Carcangiu et al. [30], Lopez-Penabad et al. [31], Taneri et al. [32], and Zhang et al. [33] stated that patients with carcinoma were older than those with a benign disease. However, the median age of our patients with carcinoma was not statistically different from the median age of those with a benign disease (52.5 years versus 52 years). Our findings are in agreement with the majority of reports from the literature.

Mihai et al. [5] and Tuttle et al. [26] found that the risk of carcinoma was higher in men than in women. This is in agreement with the findings of our study. In our study, men had a higher risk of carcinoma than women (an odds ratio of 2.57). The malignancy rate in men in our study was 43%, while in women it was 23%.

Many authors reported that the size of follicular neoplasms increases the risk of malignancy [5, 18, 20‐22, 24‐26, 28, 31‐36, 42]. Tuttle et al. [26] reported that the risk of carcinoma in a tumor larger than 4 cm was 40%, while in smaller tumors it was only 13%. In our patients with a tumor diameter of 2 cm or less, the risk of carcinoma was 25.5%. In Hürthle cell neoplasms, Taneri et al. [32] found that there was no malignancy among the tumors less than 1 cm in diameter. But our findings are quite the opposite. In our patients, the malignancy rate did not differ in patients with a tumor diameter of 1 cm or less versus bigger tumors (Table 1).

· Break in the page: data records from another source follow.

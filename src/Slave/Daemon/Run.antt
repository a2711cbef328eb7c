-- ===== src/Slave/Daemon/Run.antt =====
-- A whole run of the two threads under any scheduler keeps what each of their rounds keeps.
use slg.Base.{ℕ, List, [], ◌∷◌, true, ltb, Bool-cases, inl, inr, ltb→lt}
use slg.Base.Outcome.{Ensures, Ensures-bind}
use slg.Client.Lifecycle.{Tolerated}
use slg.Slave.{System}
use slg.Slave.Invariant.{Inv, Owned}
use slg.Slave.Threads.{Kept, Kept-refl, Kept-trans, here, next, writer_takes, reader_takes}
use slg.Slave.Rounds.Filling.{
  writer_take-empty, writer_take-next, reader_take-empty, reader_take-next,
}
use slg.Slave.Rounds.Serving.{writer_serve-Kept, reader_serve-Kept, Ensures-map}
use slg.Slave.Daemon.{
  Action, take_to_write, take_to_read, serve_writing, serve_reading, act, run_threads,
}

take_to_write-Kept :
    (s : System) (ws rs : List ℕ) → Owned s ws rs → Ensures Tolerated (Kept s) (act take_to_write s)
unfolding act
take_to_write-Kept s [] rs o =
    rw (writer_take-empty s rs o) (Kept-refl (record { ws = []; rs = rs; owned = o }))
take_to_write-Kept s (i ∷ ws) rs o =
    let (t, e, c, o') = writer_take-next s i ws rs o in
    rw e (record {
      inv = record { ws = ws; rs = rs; owned = o' };
      config = c;
      reached = next here (writer_takes true e);
    })

take_to_read-Kept :
    (s : System) (ws rs : List ℕ) → Owned s ws rs → Ensures Tolerated (Kept s) (act take_to_read s)
unfolding act
take_to_read-Kept s ws [] o =
    rw (reader_take-empty s ws o) (Kept-refl (record { ws = ws; rs = []; owned = o }))
take_to_read-Kept s ws (i ∷ rs) o =
    let (t, e, c, o') = reader_take-next s i ws rs o in
    rw e (record {
      inv = record { ws = ws; rs = rs; owned = o' };
      config = c;
      reached = next here (reader_takes true e);
    })

act-Kept : (x : Action) (s : System) → Inv s → Ensures Tolerated (Kept s) (act x s)
act-Kept take_to_write s i = take_to_write-Kept s i.ws i.rs i.owned
act-Kept take_to_read s i = take_to_read-Kept s i.ws i.rs i.owned
act-Kept (serve_writing j a) s i = elim (Bool-cases (ltb j s.config.nb_clients)) [
  | inl e ↦ unfold act in rw e (writer_serve-Kept s j a (ltb→lt j s.config.nb_clients e) i)
  | inr e ↦ unfold act in rw e (Kept-refl i)
]
act-Kept (serve_reading j a) s i = elim (Bool-cases (ltb j s.config.nb_clients)) [
  | inl e ↦ unfold act in rw e (reader_serve-Kept s j a (ltb→lt j s.config.nb_clients e) i)
  | inr e ↦ unfold act in rw e (Kept-refl i)
]

pub run_threads-Kept :
    (actions : List Action) (s : System)
    → Inv s
    → Ensures Tolerated (Kept s) (run_threads actions s)
unfolding run_threads
run_threads-Kept [] s i = Kept-refl i
run_threads-Kept (x ∷ actions) s i =
    Ensures-bind Tolerated (Kept s) (Kept s) (act x s) _ (act-Kept x s i) (λ t kept.
      Ensures-map (Kept t) (Kept s) (run_threads actions t) (run_threads-Kept actions t kept.inv)
        (λ u. Kept-trans kept))
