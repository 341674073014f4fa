-- ===== src/Validator/Ema/Replay.antt =====
-- validator/service.py: `_replay_ema`, which derives the scores from the archive at a start.
use subnet.Base.{ℕ, ◌+◌, pos, List, [], ◌∷◌, ◌++◌, if◌then◌else◌, String, string_eq, to_set, sorted}
use subnet.Base.Dict
use subnet.Base.Dict.{Dict}
use subnet.Base.Float.{Float}
use subnet.Protocol.Constants.{b_batch}
use subnet.Validator.Archive.{BatchEntry, ArchivedWindow}
use subnet.Validator.Ema.{ema_alpha, window_le}

-- `window_contribs[entry["hotkey"]] += 1` for each entry
unfoldable pub count_entries : List BatchEntry → Dict String ℕ → Dict String ℕ
count_entries [] contribs = contribs
count_entries (entry ∷ entries) contribs =
    count_entries entries (Dict.set entry.hotkey (Dict.get entry.hotkey 0 contribs + 1) contribs)

module _ {F : Type 0} (fl : Float F) where
  -- The loop over the hotkeys.
  unfoldable pub replay_hotkeys : Dict String ℕ → List String → Dict String F → Dict String F
  replay_hotkeys contribs [] ema = ema
  replay_hotkeys contribs (hk ∷ hotkeys) ema =
      let fraction = fl.div (fl.of_int (pos (Dict.get hk 0 contribs))) (fl.of_int (pos b_batch)) in
      replay_hotkeys contribs hotkeys (
        Dict.set hk
          (fl.add (fl.mul (ema_alpha fl) fraction)
            (fl.mul (fl.sub (fl.of_int (pos 1)) (ema_alpha fl)) (Dict.get hk (fl.decimal 0 0) ema)))
          ema)

  -- `{hk: v for hk, v in ema.items() if v > 1e-6}`
  unfoldable pub keep_scores : Dict String F → Dict String F
  keep_scores [] = []
  keep_scores ((hk, v) ∷ ema) =
      if fl.lt (fl.decimal 1 6) v then (hk, v) ∷ keep_scores ema else keep_scores ema

  -- The loop over the sorted archives.
  unfoldable pub replay_records : List ArchivedWindow → Dict String F → Dict String F
  replay_records [] ema = ema
  replay_records (window ∷ archives) ema =
      let contribs = count_entries window.batch [] in
      replay_records archives
        (keep_scores (replay_hotkeys contribs (to_set (Dict.keys ema ++ Dict.keys contribs)) ema))

  -- `_replay_ema`
  unfoldable pub replay_ema : List ArchivedWindow → Dict String F
  replay_ema archives = replay_records (sorted (window_le fl) archives) []
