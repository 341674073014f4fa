-- ===== src/Validator/Ema/WeightOnly.antt =====
-- validator/weight_only.py: its own `_replay_ema`, which a weight-only validator runs.
use subnet.Base.{ℕ, ◌+◌, pos, List, [], ◌∷◌, ◌++◌, if◌then◌else◌, String, string_eq, to_set, sorted}
use subnet.Base.Dict
use subnet.Base.Dict.{Dict}
use subnet.Base.Float.{Float}
use subnet.Protocol.Constants.{b_batch}
use subnet.Validator.Archive.{BatchEntry, ArchivedWindow}
use subnet.Validator.Ema.{ema_alpha, window_le}

-- `window_contribs[entry["hotkey"]] += 1` for each entry
unfoldable pub weight_only_count : List BatchEntry → Dict String ℕ → Dict String ℕ
weight_only_count [] contribs = contribs
weight_only_count (entry ∷ entries) contribs =
    weight_only_count entries
      (Dict.set entry.hotkey (Dict.get entry.hotkey 0 contribs + 1) contribs)

module _ {F : Type 0} (fl : Float F) where
  -- The loop over the hotkeys.
  unfoldable pub weight_only_blend : Dict String ℕ → List String → Dict String F → Dict String F
  weight_only_blend contribs [] ema = ema
  weight_only_blend contribs (hk ∷ hotkeys) ema =
      let fraction = fl.div (fl.of_int (pos (Dict.get hk 0 contribs))) (fl.of_int (pos b_batch)) in
      weight_only_blend contribs hotkeys (
        Dict.set hk
          (fl.add (fl.mul (ema_alpha fl) fraction)
            (fl.mul (fl.sub (fl.of_int (pos 1)) (ema_alpha fl)) (Dict.get hk (fl.decimal 0 0) ema)))
          ema)

  -- `{hk: v for hk, v in ema.items() if v > 1e-6}`
  unfoldable pub weight_only_keep : Dict String F → Dict String F
  weight_only_keep [] = []
  weight_only_keep ((hk, v) ∷ ema) =
      if fl.lt (fl.decimal 1 6) v then (hk, v) ∷ weight_only_keep ema else weight_only_keep ema

  -- The loop over the sorted archives.
  unfoldable pub weight_only_records : List ArchivedWindow → Dict String F → Dict String F
  weight_only_records [] ema = ema
  weight_only_records (window ∷ archives) ema =
      let contribs = weight_only_count window.batch [] in
      weight_only_records archives (
        weight_only_keep
          (weight_only_blend contribs (to_set (Dict.keys ema ++ Dict.keys contribs)) ema))

  -- `_replay_ema`
  unfoldable pub weight_only_replay_ema : List ArchivedWindow → Dict String F
  weight_only_replay_ema archives = weight_only_records (sorted (window_le fl) archives) []
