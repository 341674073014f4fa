-- ===== src/Validator/Ema/Scores.antt =====
-- The scores after a restart, and the weights that are sent to the chain.
use subnet.Base.{
  ℕ, ◌+◌, map, true, some, List, [], ◌∷◌, String, string_eq, In, In-append, IsSorted, sorted, ◌≡◌,
  ◌⊎◌, inl, inr, refl, ap, Bool-cases, Option-cases, pos,
}
use subnet.Base.Dict
use subnet.Base.Dict.{Dict}
use subnet.Base.Float.{Float}
use subnet.Protocol.Constants.{uid_burn}
use subnet.Validator.Archive.{BatchEntry, ArchivedWindow}
use subnet.Validator.Ema.{
  count_contribs, blend, blend_all, prune, update_ema, hotkeys_of, update_all, window_le,
  miner_weights, weights_to_set, burn_weight,
}
use subnet.Validator.Ema.Replay.{
  count_entries, replay_hotkeys, keep_scores, replay_records, replay_ema,
}
use subnet.Validator.Ema.WeightOnly.{
  weight_only_count, weight_only_blend, weight_only_keep, weight_only_records,
  weight_only_replay_ema,
}

module _ {F : Type 0} (fl : Float F) where
  -- Sorting a sorted list changes nothing.
  sorted-IsSorted_lem :
      (rs : List ArchivedWindow) → IsSorted (window_le fl) rs → sorted (window_le fl) rs ≡ rs
  unfolding sorted
  sorted-IsSorted_lem [] h = refl
  sorted-IsSorted_lem (r ∷ []) h = refl
  sorted-IsSorted_lem (r ∷ s ∷ rs) ((first, each), h) =
      rw (sorted, sorted-IsSorted_lem (s ∷ rs) h, first) refl

  count_entries-count_contribs :
      (entries : List BatchEntry) (d : Dict String ℕ)
      → count_entries entries d ≡ count_contribs (map (λ entry. entry.hotkey) entries) d
  unfolding count_entries count_contribs
  count_entries-count_contribs [] d = refl
  count_entries-count_contribs (entry ∷ entries) d =
      count_entries-count_contribs entries (Dict.set entry.hotkey (Dict.get entry.hotkey 0 d + 1) d)

  replay_hotkeys-blend_all :
      (contribs : Dict String ℕ) (hotkeys : List String) (ema : Dict String F)
      → replay_hotkeys fl contribs hotkeys ema ≡ blend_all fl contribs hotkeys ema
  unfolding replay_hotkeys blend_all
  replay_hotkeys-blend_all contribs [] ema = refl
  replay_hotkeys-blend_all contribs (hk ∷ hotkeys) ema =
      replay_hotkeys-blend_all contribs hotkeys
        (Dict.set hk (blend fl (Dict.get hk 0 contribs) (Dict.get hk (fl.decimal 0 0) ema)) ema)

  keep_scores-prune : (ema : Dict String F) → keep_scores fl ema ≡ prune fl ema
  unfolding keep_scores prune
  keep_scores-prune [] = refl
  keep_scores-prune ((hk, v) ∷ ema) = rw (keep_scores-prune ema) refl

  replay_records-update_all :
      (archives : List ArchivedWindow) (ema : Dict String F)
      → replay_records fl archives ema ≡ update_all fl archives ema
  unfolding replay_records update_all update_ema
  replay_records-update_all [] ema = refl
  replay_records-update_all (r ∷ archives) ema =
      rw (count_entries-count_contribs r.batch [], keep_scores-prune, replay_hotkeys-blend_all)
        (replay_records-update_all archives (update_ema fl (hotkeys_of fl r) ema))

  weight_only_count-count_contribs :
      (entries : List BatchEntry) (d : Dict String ℕ)
      → weight_only_count entries d ≡ count_contribs (map (λ entry. entry.hotkey) entries) d
  unfolding weight_only_count count_contribs
  weight_only_count-count_contribs [] d = refl
  weight_only_count-count_contribs (entry ∷ entries) d =
      weight_only_count-count_contribs entries
        (Dict.set entry.hotkey (Dict.get entry.hotkey 0 d + 1) d)

  weight_only_blend-blend_all :
      (contribs : Dict String ℕ) (hotkeys : List String) (ema : Dict String F)
      → weight_only_blend fl contribs hotkeys ema ≡ blend_all fl contribs hotkeys ema
  unfolding weight_only_blend blend_all
  weight_only_blend-blend_all contribs [] ema = refl
  weight_only_blend-blend_all contribs (hk ∷ hotkeys) ema =
      weight_only_blend-blend_all contribs hotkeys
        (Dict.set hk (blend fl (Dict.get hk 0 contribs) (Dict.get hk (fl.decimal 0 0) ema)) ema)

  weight_only_keep-prune : (ema : Dict String F) → weight_only_keep fl ema ≡ prune fl ema
  unfolding weight_only_keep prune
  weight_only_keep-prune [] = refl
  weight_only_keep-prune ((hk, v) ∷ ema) = rw (weight_only_keep-prune ema) refl

  weight_only_records-update_all :
      (archives : List ArchivedWindow) (ema : Dict String F)
      → weight_only_records fl archives ema ≡ update_all fl archives ema
  unfolding weight_only_records update_all update_ema
  weight_only_records-update_all [] ema = refl
  weight_only_records-update_all (r ∷ archives) ema =
      rw
        (
          weight_only_count-count_contribs r.batch [],
          weight_only_keep-prune,
          weight_only_blend-blend_all,
        )
        (weight_only_records-update_all archives (update_ema fl (hotkeys_of fl r) ema))

  -- For archives in ascending order of their windows, the scores that a restarted validator
  -- replays, and those that a weight-only validator replays with its own copy of the loop, are
  -- those of a validator that updated its scores at every one of these windows, starting from no
  -- scores.
  pub replay_ema-update_all :
      (archives : List ArchivedWindow)
      → IsSorted (window_le fl) archives
      → (replay_ema fl archives ≡ update_all fl archives [])
        × (weight_only_replay_ema fl archives ≡ update_all fl archives [])
  unfolding replay_ema weight_only_replay_ema
  replay_ema-update_all archives h =
      rw (sorted-IsSorted_lem archives h)
        (replay_records-update_all archives [], weight_only_records-update_all archives [])

  -- A weight that is due to a score of a registered hotkey, or to the burn.
  abbrev pub IsDue : Dict String ℕ → Dict String F → ℕ × F → Type 0
  IsDue uids ema w =
      ((hk : String) × In (hk, w.1) ema × (Dict.lookup hk uids ≡ some w.0))
      ⊎ ((w.0 ≡ uid_burn) × (w.1 ≡ burn_weight fl ema))

  miner_weights_due :
      (uids : Dict String ℕ) (ema : Dict String F) (w : ℕ × F)
      → In w (miner_weights fl uids ema)
      → ((hk : String) × In (hk, w.1) ema × (Dict.lookup hk uids ≡ some w.0))
        × (fl.lt (fl.of_int (pos 0)) w.1 ≡ true)
  unfolding miner_weights
  miner_weights_due uids [] w m = absurd m
  miner_weights_due uids ((hk, v) ∷ ema) w m = elim (Option-cases (Dict.lookup hk uids)) [
    | inl absent ↦
        let ((k, inside, e), p) = miner_weights_due uids ema w (rw (miner_weights, absent) at m) in
        ((k, inr inside, e), p)
    | inr (uid, known) ↦ elim (Bool-cases (fl.lt (fl.of_int (pos 0)) v)) [
      | inl more ↦
          let n : (w ≡ (uid, v)) ⊎ In w (miner_weights fl uids ema) =
            rw (miner_weights, known, more) at m in
          elim n [
            | inl same ↦ ((hk, inl (ap (λ u. (hk, u.1)) same), rw same known), rw same more)
            | inr later ↦
                let ((k, inside, e), p) = miner_weights_due uids ema w later in
                ((k, inr inside, e), p)
          ]
      | inr no_more ↦
          let ((k, inside, e), p) =
            miner_weights_due uids ema w (rw (miner_weights, known, no_more) at m) in
          ((k, inr inside, e), p)
    ]
  ]

  -- Every weight handed to the chain is positive, and is the score of a hotkey that the metagraph
  -- has under this uid, or the burn weight under the burn's uid.
  pub weights_to_set-IsDue :
      (uids : Dict String ℕ) (ema : Dict String F) (w : ℕ × F)
      → In w (weights_to_set fl uids ema)
      → IsDue uids ema w × (fl.lt (fl.of_int (pos 0)) w.1 ≡ true)
  unfolding weights_to_set
  weights_to_set-IsDue uids ema w m = elim (In-append w (miner_weights fl uids ema) _ m) [
    | inl miner ↦ let (due, p) = miner_weights_due uids ema w miner in (inl due, p)
    | inr burn ↦ elim (Bool-cases (fl.lt (fl.of_int (pos 0)) (burn_weight fl ema))) [
      | inl more ↦
          let n : (w ≡ (uid_burn, burn_weight fl ema)) ⊎ ⊥ = rw more at burn in
          elim n [
            | inl same ↦ (inr (ap (λ u. u.0) same, ap (λ u. u.1) same), rw same more)
            | inr nothing ↦ absurd nothing
          ]
      | inr no_more ↦ absurd (rw no_more at burn)
    ]
  ]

Hocevar and Auersperg [12] found that preoperative Tg concentration was higher in patients with follicular and Hürthle cell carcinoma than in patients with benign tumors. In Hürthle cell neoplasms, Sugino et al. [42] reported that in patients with carcinoma and benign disease the median Tg concentration was 1,782 ng/ml and 573 ng/ml, respectively. Strazisar et al. [14] and Petric et al. [13] reported that there was a statistical difference in preoperative Tg concentrations of benign tumors, papillary carcinomas, follicular carcinomas, and Hürthle cell carcinomas. Moreover, the results of the present study show that the mean preoperative Tg concentration was significantly different (P < 0.05) in benign tumors, papillary carcinomas, follicular carcinomas, and Hürthle cell carcinomas. The median preoperative Tg concentrations in benign tumors, papillary carcinomas, follicular carcinomas, and Hürthle cell carcinomas were 41, 87, 72, and 106 ng/ml, respectively. However, in contrast to our findings, Suh et al. [23] found, in only 39 patients with follicular or Hürthle cell neoplasms, that Tg was not an independent risk factor [23]. The median preoperative levels of the Tg serum were, in patients with malignant and in patients with benign tumors, 135 ng/ml and 116 ng/ml, respectively [23]. Their patients had bigger tumors than did the patients from our present study. Their patients’ Tg concentrations were larger than ours, probably because the median tumor size of their patients was bigger than in our study. The median diameter of their malignant and benign tumors was 2.8 cm and 2.4 cm, respectively.

The aim of this study was to find out whether Tg is a predictive factor of malignancy in 244 small (2 cm or less) follicular or Hürthle cell neoplasms. In our study, the concentration of Tg was an independent predictive factor of malignancy. Patients with a preoperative Tg concentration of at least 80 ng/ml had a higher risk of malignancy than those with a lower concentration (an odds ratio of 2.35). In patients with a Tg concentration of 80 ng/ml or more, the malignancy rate was 35%, while in those with a smaller Tg concentration, it was only 19%. We believe that determination of Tg concentration may be one of the factors that are useful in follicular or Hürthle cell neoplasms before determining the extent of the thyroid surgical procedure.

The malignancy rate in this study of 244 patients with follicular or Hürthle cell neoplasms with a tumor diameter of 2 cm or less was 25.5%. The independent predictors of malignancy in follicular or Hürthle cell neoplasms are: sex and preoperative Tg concentration.